There is another group of people who appreciate the death penalty’s value: those 700-plus Californians who sit on death row at San Quentin State Prison. Twice in the past decade, ballot initiatives asked California voters to end the death penalty. And in both campaigns, a significant number of death row prisoners took an improbable stand against the initiatives that would end their own death sentences.

Even if the governor succeeds in creating a permanent ban, Californians will lose the scrutiny that the death penalty brings to criminal justice, and we seem unlikely to find some other mechanism to replace it.

That’s not because they wanted to die. It’s because their death sentences conferred special resources that allowed them to fight their convictions. Only death row prisoners are guaranteed attorneys for appeals and federal court reviews of their trials.

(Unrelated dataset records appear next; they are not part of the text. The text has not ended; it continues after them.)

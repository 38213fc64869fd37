-- ===== src/Lib.antt =====
-- The cache server of this repository: a key-value store with a bound on its memory (cache.hh,
-- cache_lib.cc), two eviction policies (evictor.hh, fifo_evictor.cc, lru_evictor.cc, LList.hh), the
-- HTTP server that shares one cache among its connections (cache_server.cc), and the client with
-- the interface of the cache (cache_client.cc).
--
-- Base: what all parts share. Outcome is the result of C++ code: a value, or the first undefined
--   behaviour, failed assertion or exception that it runs into. Dict stands for
--   `std::unordered_map`, as a list of entries: the hash function and the load factor do not change
--   what a lookup finds.
-- Evictor: the abstract class as an interface. A state of an evictor stands for a queue of keys,
--   which a touch extends and an eviction shortens at the front; the laws are what the cache relies
--   on. Fifo and Lru implement it (Fifo/Refinement, Lru/Refinement).
-- Fifo: `FIFO_Evictor`, a deque.
-- Lru: `LRU_Evictor`: nodes at addresses, each with `prev_` and `next_`, `root_`, `back_` and the
--   map from keys to nodes. append_new and move_to_back are the branches of `touch_key`; evict and
--   destroy are `evict` and the destructor. A null or unknown pointer faults.
-- Cache: `Cache::Impl` of cache_lib.cc, over any evictor. set, get, del, space_used and reset have
--   their names; put_entry, touch, evict_one, evict_until and admit are parts of `set`. Sizes are
--   `uint32_t` with their wrap-around. The iterator that the search at the start of `set` returns is
--   kept as the fact that it found the key; it is dangling once the entry is gone. Cache/Valid is the
--   invariant, with `maxmem` below 2^31, so that no sum of two sizes wraps; Cache/Overflow is about
--   greater bounds. Cache/History is about whole runs: the calls, the last one first, and what they
--   have made of a key.
-- Text: `std::to_string`, `>>` into a `uint32_t`, which assigns nothing where the stream has only spaces
--   left, `std::stoi`, `substr`; Text/Split is what is used
--   of `boost::split`, as an interface, with a function that has it.
-- Http: the fields of Beast's messages that are read or written, and `prepare_payload` as an interface
--   that keeps status, method, body and the fields it does not own. Field names are compared as they
--   are spelled. `received` is what the server's `http::async_read` makes of the text of a request on the
--   wire: the client puts key and value into the target on the first line, so one with a space or a
--   control character, or longer than the parser's limit of 8192 bytes, is not read. Of a request
--   with a target of 1 to 4096 visible characters, the client's fields, and a body of up to 2^20
--   bytes it keeps method and body.
-- Server: `handle_request`, one function for each method. Server/Race and Server/Overtaken are the
--   `GET` and the `POST` branch by the sections of the mutex. Server/Sections is the whole function by
--   these sections: enter is what a thread does before it locks `cache_mutex`, section what it does
--   under it, behind the rest. Sections/Threads lets any number of threads take these steps in any
--   order; its log has the sections in the order of the mutex. A read of the cache outside the mutex
--   (of the text behind the pointer of a `GET`, and of the memory in use for a `HEAD` and behind a reset)
--   while another thread is inside its section is a data race, with undefined behaviour; the steps are
--   the executions without one, in which such a read is before or after every section.
--   Sections/Linear compares them with handle_request as a whole, and Told has what an answer says of
--   the cache.
-- Session, Session/Listener: the handlers of `session` and `listener`, and `main`, as a relation
--   on states: Asio runs any handler that is waited for, with any error code and any request. Here
--   a handler runs as a whole, as it does on one thread; in Session/Concurrent, on any number of
--   threads, others run while one is in `handle_request`. The results of the socket calls, and
--   whether a response needs the end of the connection (`need_eof`), are arguments.
-- Client: the request of each method of `Cache::Impl` of cache_client.cc and what it reads from the
--   response. Client/Delivery is the way of a request to the server: where the server cannot read it,
--   it ends the session and the client throws; a fault of the server stands for the call that has
--   no answer then. Client/Remote puts client and server together for set,
--   get and del, Client/Control for space_used and reset, whose requests are the same every time and
--   are taken as read, and Client/Run is about whole runs. Client/Connection has the constructor, the
--   destructor and the exchange of a request for a response, over a Transport, which stands for
--   Asio's calls.
-- Interface: the public methods of class `Cache` of cache.hh. Interface/Implementations fills it by the
--   store and by the client with its server; a program sees of it the replies, up to the first fault.
-- Workload: the generator of requests of test_generate_workload.cc. The results of `rand ()` are an
--   argument; so are those of the exponential distribution, as a fraction from 0 to 1 of which only
--   the products with sizes, as an `int`, are used. Workload/Loops has the loops of `cache_warmup` and
--   `baseline_latencies`, as the calls that they make, and the counters, read off the replies;
--   Workload/Whole runs them against either implementation of the interface. Workload/Latency is
--   the map of the times that the requests took, in hundredths of a millisecond.
-- Scenarios: the helpers of the test programs, over the interface; Scenarios/OfLibrary has the tests of
--   test_cache_lib.cc and Scenarios/OfClient those of test_cache_client.cc, run in Scenarios/Tests.
--
-- Rounds: evict_until has a bound on the rounds of the loop of `set`, and clear_prev on those of
-- the destructor's. One round more than the evictor's queue has keys is enough for the one, and the
-- number of nodes for the other: each round takes one key, or one node, away. print_digits has the
-- twenty rounds that a 64-bit number needs. The warmup has `g + 1` rounds for each of its
-- 1024 bytes, and as many once more: each `set` is of two bytes or more, and where no more than `g`
-- `get`s follow one another there are not more of these before a `set`.
--
-- Not modelled: the output on the console; the command line's options; the connection between client
-- and server, which carries a request, as far as the server can read it, and then its response; the reference counts of
-- `std::shared_ptr`, of which Lru/Destroy has the links that could form a cycle; the clock, the
-- means and the threads of test_generate_workload.cc; test_evictors.cc, whose only test is
-- commented out.
mod Base
pub mod Evictor
pub mod Fifo
pub mod Lru
pub mod Cache
pub mod Text
pub mod Http
pub mod Server
pub mod Client
pub mod Interface
pub mod Session
pub mod Workload
pub mod Scenarios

If the death penalty went away, death row inmates could become just 737 more forgotten lifers—with little hope of making it out of prison alive.

California hasn’t executed anyone since 2006, when the state Supreme Court questioned the constitutionality of lethal injections. Which brings me to my own capital confession.

This is not a popular opinion, but I would argue that for the last 13 years California has achieved the perfect death penalty equilibrium. Our state has capital punishment on the books, which provides the aforementioned accountability for the prisons and also represents the views of the millions of Californians who support the death penalty. But California no longer actually executes anyone, thus acknowledging the problems of state-sanctioned killing and eliminating the risk of murdering an innocent.

In other words, we have had it both ways.

Unfortunately, the governor’s moratorium, however well intentioned, disturbs that death penalty equilibrium. That has risks. Newsom’s effort could spark a legal and political backlash that forces the state to start executing people again. And even if the governor succeeds in creating a permanent ban, Californians will lose the scrutiny that the death penalty brings to criminal justice, and we seem unlikely to find some other mechanism to replace it.

RIP, California death penalty. And thank you for your service.